Software packages are keen to take such creatures as the very definition of a tensor, but doing so ignores almost all applications. So these are just examples.
We could evaluate a bilinear map $\langle f|$ on $|v_2\rangle$ producing \(\langle f|v_2\rangle :V_1\to V_0\) But then why not evaluate on a pair of inputs as follows. \(\langle f|v_2,v_1\rangle :=\langle f|v_2\rangle |v_1\rangle\in V_0\) At this point we could just as well think of bilinear is a map on pairs: \(\langle f| : V_2\times V_1\rightarrowtail V_0\) The use of $\rightarrowtail$ makes it clear that $\langle f|$ is not to be confused with a linear map. Going back to list of matrices for a moment this could be defined as follows. \(\langle f|v_2,v_1\rangle = (v_2^{\top} M_1 v_1,\ldots,v_2^{\top} M_a v_1)\)

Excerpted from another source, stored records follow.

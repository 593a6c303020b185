-- ===== src/Click/Published.antt =====
-- The fallback menu that a round publishes, and a later click on it.
use noctalia_appmenu.Prelude.{
  ◌≡◌, ◌≢◌, inl, inr, true, false, Option, List, [], ◌∷◌, ◌++◌, Unicode, none, some, contains_char,
  is_empty, trim, Text, Instant,
}
use noctalia_appmenu.Menu.Tree.{MenuItem}
use noctalia_appmenu.Menu.Synthetic.{pretty_app_label}
use noctalia_appmenu.Config.{Config}
use noctalia_appmenu.Desktop.Entry.{DesktopEntry}
use noctalia_appmenu.Desktop.Resolve.{System, ResolveCache, resolve}
use noctalia_appmenu.Proxy.Write.{desktop_fallback, Payload, payload_of}
use noctalia_appmenu.Proxy.Write.Laws.{IsSynced, last_of}
use noctalia_appmenu.Proxy.Loop.{Bridge, Round, usable, round}
use noctalia_appmenu.Proxy.Loop.Fallback.{IsFallback, at_choice, round-IsFallback}
use noctalia_appmenu.Click.Effect.{Replies}
use noctalia_appmenu.Click.Rows.{
  Row, app_label, rows, idle_row, launch_rows, window_rows, quit_row, build_enriched-rows,
  synthetic_menu-rows,
}

-- The click is run by another process, with its own view of the system.
module _ (re : Replies) (at_click : System) (memos : ResolveCache) (then : Instant) where
  -- The rows of the menu of an entry, or, where there is none, of the minimal menu.
  abbrev pub fallback_rows : Unicode → Text → Option DesktopEntry → List Row
  fallback_rows u app_id none =
      idle_row re at_click memos then (pretty_app_label u app_id)
      ∷ idle_row re at_click memos then (pretty_app_label u app_id)
      ∷ quit_row re at_click memos then (pretty_app_label u app_id)
      ∷ window_rows re at_click memos then
  fallback_rows u app_id (some e) =
      idle_row re at_click memos then (app_label u app_id e)
      ∷ idle_row re at_click memos then (app_label u app_id e)
      ∷ ((launch_rows re at_click memos then e e.actions
            ++ (quit_row re at_click memos then (app_label u app_id e) ∷ []))
          ++ window_rows re at_click memos then)

  IsFallback-rows :
      (sys : System) (cache : ResolveCache) (now : Instant) (app_id : Text) (m : MenuItem)
      → ((e : DesktopEntry)
          → (resolve sys cache now app_id).1 ≡ some e
          → contains_char b':' e.id ≡ false)
      → IsFallback sys cache now app_id m
      → rows re at_click memos then m
        ≡ fallback_rows sys.unicode app_id (resolve sys cache now app_id).1
  IsFallback-rows sys cache now app_id m plain (inl (e, r, same)) =
      rw (same, r) (build_enriched-rows re at_click memos then e (plain e r) sys.unicode app_id)
  IsFallback-rows sys cache now app_id m plain (inr (n, same)) =
      rw (same, n) (synthetic_menu-rows re at_click memos then sys.unicode app_id)

  -- In a round that finds no usable menu for the focused application, the file and the last payload
  -- pushed end with a fallback menu, and a later click on any of its items does exactly this, in
  -- the items' order: nothing on the menu and its submenus; where the app-id resolves to an entry,
  -- a launch of each action that the entry declares, or of the entry itself where it declares none
  -- and its command is not blank; the compositor's close on "Quit", and its ten actions in the
  -- window submenu. A launch resolves the entry's id anew at the click. (The fallback is
  -- configured, the app-id is not blank, the entry's id has no colon, the round's writes and
  -- signals succeed, and before it the body last written, the file and the last push agree.)
  pub round-fallback_rows :
      (cfg : Config) (sys : System) (to_string : Payload → Text) (r : Round) (s : Bridge)
      → r.eager_disk.writes ≡ true
      → r.final_disk.writes ≡ true
      → r.signals_sent ≡ true
      → IsSynced s.writer
      → r.snapshot.focus_pid ≢ 0
      → cfg.desktop_fallback ≡ true
      → is_empty (trim r.snapshot.app_id) ≡ false
      → usable cfg sys to_string (at_choice cfg sys to_string r s).1 ≡ none
      → ((e : DesktopEntry)
          → (resolve sys
              (at_choice cfg sys to_string r s).0.resolved
              r.final_resolve_at
              (trim r.snapshot.app_id)).1
            ≡ some e
          → contains_char b':' e.id ≡ false)
      → (m : MenuItem) × (rows re at_click memos then m
          ≡ fallback_rows sys.unicode
              (trim r.snapshot.app_id)
              (resolve sys
                (at_choice cfg sys to_string r s).0.resolved
                r.final_resolve_at
                (trim r.snapshot.app_id)).1)
        × ((round cfg sys to_string r s).0.writer.file
            ≡ some (to_string (payload_of r.snapshot (some m) desktop_fallback)))
        × (last_of (round cfg sys to_string r s).0.writer.pushed
            ≡ some (to_string (payload_of r.snapshot (some m) desktop_fallback)))
  round-fallback_rows cfg sys to_string r s eager_ok final_ok sent h p on named nothing plain =
      let (m, is_fallback, numbered, file, last) =
        round-IsFallback cfg sys to_string r s eager_ok final_ok sent h p on named nothing in
      (
        m,
        IsFallback-rows sys (at_choice cfg sys to_string r s).0.resolved r.final_resolve_at
            (trim r.snapshot.app_id) m plain is_fallback,
        file,
        last,
      )
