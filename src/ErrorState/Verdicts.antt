-- ===== src/ErrorState/Verdicts.antt =====
-- The two verdicts of src/services/error_state_mgmt.py over whole histories of observations.
use crk_io_board.Base.{
  ℕ, ◌≡◌, refl, ◌∙◌, ap, Bool, true, false, ◌||◌, not, none, some, List, [], ◌∷◌, ◌++◌, arith,
  if◌then◌else◌, Bool-cases, inl, inr,
}
use crk_io_board.Commands.{DoorState, opened, closed, DeadboltState, DeadboltAction}
use crk_io_board.ErrorState.{
  ErrorState, observe, door_error, deadbolt_error, set_deadbolt_action, wanted_state, is_overdue,
  is_late, is_closed, same_state, is_reached,
}

pub record Observation : Type 0 where
  pub door : DoorState
  pub bolt : DeadboltState
  pub timestamp : ℕ

abbrev pub observe_all : List Observation → ErrorState → ErrorState
observe_all [] s = s
observe_all (o ∷ os) s = observe_all os (observe o.door o.bolt o.timestamp s)

-- Some observation shows the deadbolt in the state.
abbrev pub shows : DeadboltState → List Observation → Bool
shows state [] = false
shows state (o ∷ os) = same_state o.bolt state || shows state os

abbrev pub AllOpen : List Observation → Type 0
AllOpen [] = Unit
AllOpen (o ∷ os) = (o.door ≡ opened) × AllOpen os

-- A settled deadbolt stays settled.
settled :
    (os : List Observation) (s : ErrorState)
    → s.deadbolt_engaged_state ≡ none
    → (observe_all os s).deadbolt_engaged_state ≡ none
unfolding observe
settled [] s h = h
settled (o ∷ os) s h = settled os (observe o.door o.bolt o.timestamp s) (ground (arith, h))

verdict_settled :
    (time : ℕ) (s : ErrorState) → s.deadbolt_engaged_state ≡ none → deadbolt_error time s ≡ true
unfolding deadbolt_error
verdict_settled time s h =
    ap (λ o. not (is_late s.deadbolt_apply_timeout time s.deadbolt_engaged_time o)) h

-- The deadbolt's state is wanted since `t`, with the limit.
record IsWaiting (limit t : ℕ) (state : DeadboltState) (s : ErrorState) : Type 0 where
  limited : s.deadbolt_apply_timeout ≡ limit
  since : s.deadbolt_engaged_time ≡ some t
  wanted : s.deadbolt_engaged_state ≡ some state

waiting :
    (limit t : ℕ) (state : DeadboltState) (time : ℕ) (os : List Observation) (s : ErrorState)
    → IsWaiting limit t state s
    → deadbolt_error time (observe_all os s)
      ≡ (shows state os || not (is_overdue limit time (some t)))
unfolding observe deadbolt_error
waiting limit t state time [] s w =
    ap (λ o. not (is_late s.deadbolt_apply_timeout time s.deadbolt_engaged_time o)) w.wanted
    ∙ ap (λ e. not (is_overdue s.deadbolt_apply_timeout time e)) w.since
    ∙ ap (λ l. not (is_overdue l time (some t))) w.limited
waiting limit t state time (o ∷ os) s w =
    let s' : ErrorState = observe o.door o.bolt o.timestamp s in
    elim (Bool-cases (same_state o.bolt state)) [
      | inl e ↦
          let gone : s'.deadbolt_engaged_state ≡ none =
            ap (λ x. if is_reached x o.bolt then none else x) w.wanted ∙ rw e refl in
          rw e (verdict_settled time (observe_all os s') (settled os s' gone))
      | inr e ↦ rw e (
          waiting limit t state time os s' (record {
            limited = w.limited;
            since =
                ap (λ x. if is_reached x o.bolt then none else s.deadbolt_engaged_time) w.wanted
                ∙ rw e w.since;
            wanted = ap (λ x. if is_reached x o.bolt then none else x) w.wanted ∙ rw e refl;
          }))
    ]

-- After a control request at `t` and any observations, the deadbolt counts as all right exactly when
-- one of them showed it in the state asked for, or the limit has not passed since `t` (a `t` of 0
-- counts as no time).
pub deadbolt_error-history :
    (action : DeadboltAction) (t time : ℕ) (os : List Observation) (s : ErrorState)
    → deadbolt_error time (observe_all os (set_deadbolt_action action t s))
      ≡ (shows (wanted_state action) os || not (is_overdue s.deadbolt_apply_timeout time (some t)))
unfolding set_deadbolt_action
deadbolt_error-history action t time os s =
    waiting s.deadbolt_apply_timeout t (wanted_state action) time os
      (set_deadbolt_action action t s) (record { limited = refl; since = refl; wanted = refl })

door_kept :
    (os : List Observation) (s : ErrorState)
    → AllOpen os
    → (observe_all os s).door_last_closed_time ≡ s.door_last_closed_time
unfolding observe
door_kept [] s h = refl
door_kept (o ∷ os) s (open_now, h) =
    door_kept os (observe o.door o.bolt o.timestamp s) h
    ∙ ap (λ d. if is_closed d then some o.timestamp else s.door_last_closed_time) open_now

limit_kept :
    (os : List Observation) (s : ErrorState)
    → (observe_all os s).door_open_error ≡ s.door_open_error
unfolding observe
limit_kept [] s = refl
limit_kept (o ∷ os) s = limit_kept os (observe o.door o.bolt o.timestamp s)

observe_all-append :
    (xs ys : List Observation) (s : ErrorState)
    → observe_all (xs ++ ys) s ≡ observe_all ys (observe_all xs s)
observe_all-append [] ys s = refl
observe_all-append (x ∷ xs) ys s = observe_all-append xs ys (observe x.door x.bolt x.timestamp s)

-- Over any observations, the door counts as all right exactly when the limit has not passed since
-- the last one that showed it closed, at `t` (a `t` of 0 counts as no time).
pub door_error-history :
    (xs ys : List Observation) (bolt : DeadboltState) (t time : ℕ) (s : ErrorState)
    → AllOpen ys
    → door_error time
        (observe_all (xs ++ record { door = closed; bolt = bolt; timestamp = t } ∷ ys) s)
      ≡ not (is_overdue s.door_open_error time (some t))
unfolding door_error observe
door_error-history xs ys bolt t time s h =
    let last : Observation = record { door = closed; bolt = bolt; timestamp = t } in
    let before : ErrorState = observe_all xs s in
    ap (door_error time) (observe_all-append xs (last ∷ ys) s)
    ∙ ap
        (λ o.
          not (is_overdue (observe_all ys (observe closed bolt t before)).door_open_error time o))
        (door_kept ys (observe closed bolt t before) h)
    ∙ ap (λ l. not (is_overdue l time (some t)))
        (limit_kept ys (observe closed bolt t before) ∙ limit_kept xs s)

Indeed, \begin{align*} \langle f|\alpha u_2+\beta u_2’, u_1\rangle & = \alpha\langle f|u_2,u_1\rangle+\beta\langle f|u_2’,u_1\rangle\\ \langle f|u_2, \alpha u_1+\beta u_1’\rangle & = \alpha\langle f|u_2,u_1\rangle+\beta\langle f|u_2,u’_1\rangle \end{align*}
A lot of fuss is made about the scalars but in truth once we know $\langle f|$ is bilinear we can reconstruct the scalars for free through something called centroids. Trust us. So really you can ignore $\alpha$’s and $\beta$’s and focus on one key point:
Bilinear maps are distributive products.
To drive that point home write $u_2*u_1 := \langle f \mid u_2,u_1\rangle$ and let $\alpha=\beta=1$. Then all we have said is the following.
\begin{align*} (u_2+u’_2)*u_1 & = u_2*u_1 + u’_2*u_1\\ u_2*(u_1+u’_1) & = u_2*u_1 + u_2*u’_1 \end{align*}
Multilinear maps
Inducting further \(V_0\oslash V_1\oslash V_2\oslash V_3\) consists of tri-linear maps. Just as many linear maps can be captured by matrices (lists of vectors), and several bilinear maps by list of matrices, so too a trilinear map are often thought of as lists of bilinear maps. The process continues without end. The set \(V_0\oslash \cdots \oslash V_{\ell+1} := (V_0\oslash \cdots\oslash V_{\ell})\oslash V_{\ell+1}\) consists of multi-linear maps. Once more the scalars are barely important. You should think of these are large distributive products. Something like trinomials $xyz$, i.e.
\[\begin{aligned} (x+x')yz & = xyz+x'yz \\ x(y+y')z & = xyz+xy'z\\ xy(z+z') & = xyz+xyz'. \end{aligned}\]Our Dirac styled notation lets us capture these higher arity products. Here we have a trinary distributive product $\langle t|$:
\[\begin{aligned} \langle t| v_3+v'_3,v_2,v_1\rangle & = \langle t | v_3,v_2,v_1\rangle+\langle t|v'_3,v_2,v_1\rangle \\ \langle t| v_3,v_2+v'_2,v_1\rangle & = \langle t | v_3,v_2,v_1\rangle+\langle t|v_3,v'_2,v_1\rangle \\ \langle t| v_3,v_2,v_1+v'_1\rangle & = \langle t | v_3,v_2,v_1\rangle+\langle t|v_3,v_2,v'_1\rangle. \end{aligned}\]There is a little notational manuever to cut down on repetition. Since we bothered to index our variables, there is no need to put them in order. So distributive in all variables can be captured with one identity. \((\forall a)\quad \langle t|v_a+v'_a,v_{\bar{a}}\rangle=\langle t|v_a,v_{\bar{a}}\rangle+\langle t|v'_a,v_{\bar{a}}\rangle.\) Her $\bar{a}$ means the complement of the index $a$ in ${1,\ldots,\ell}$.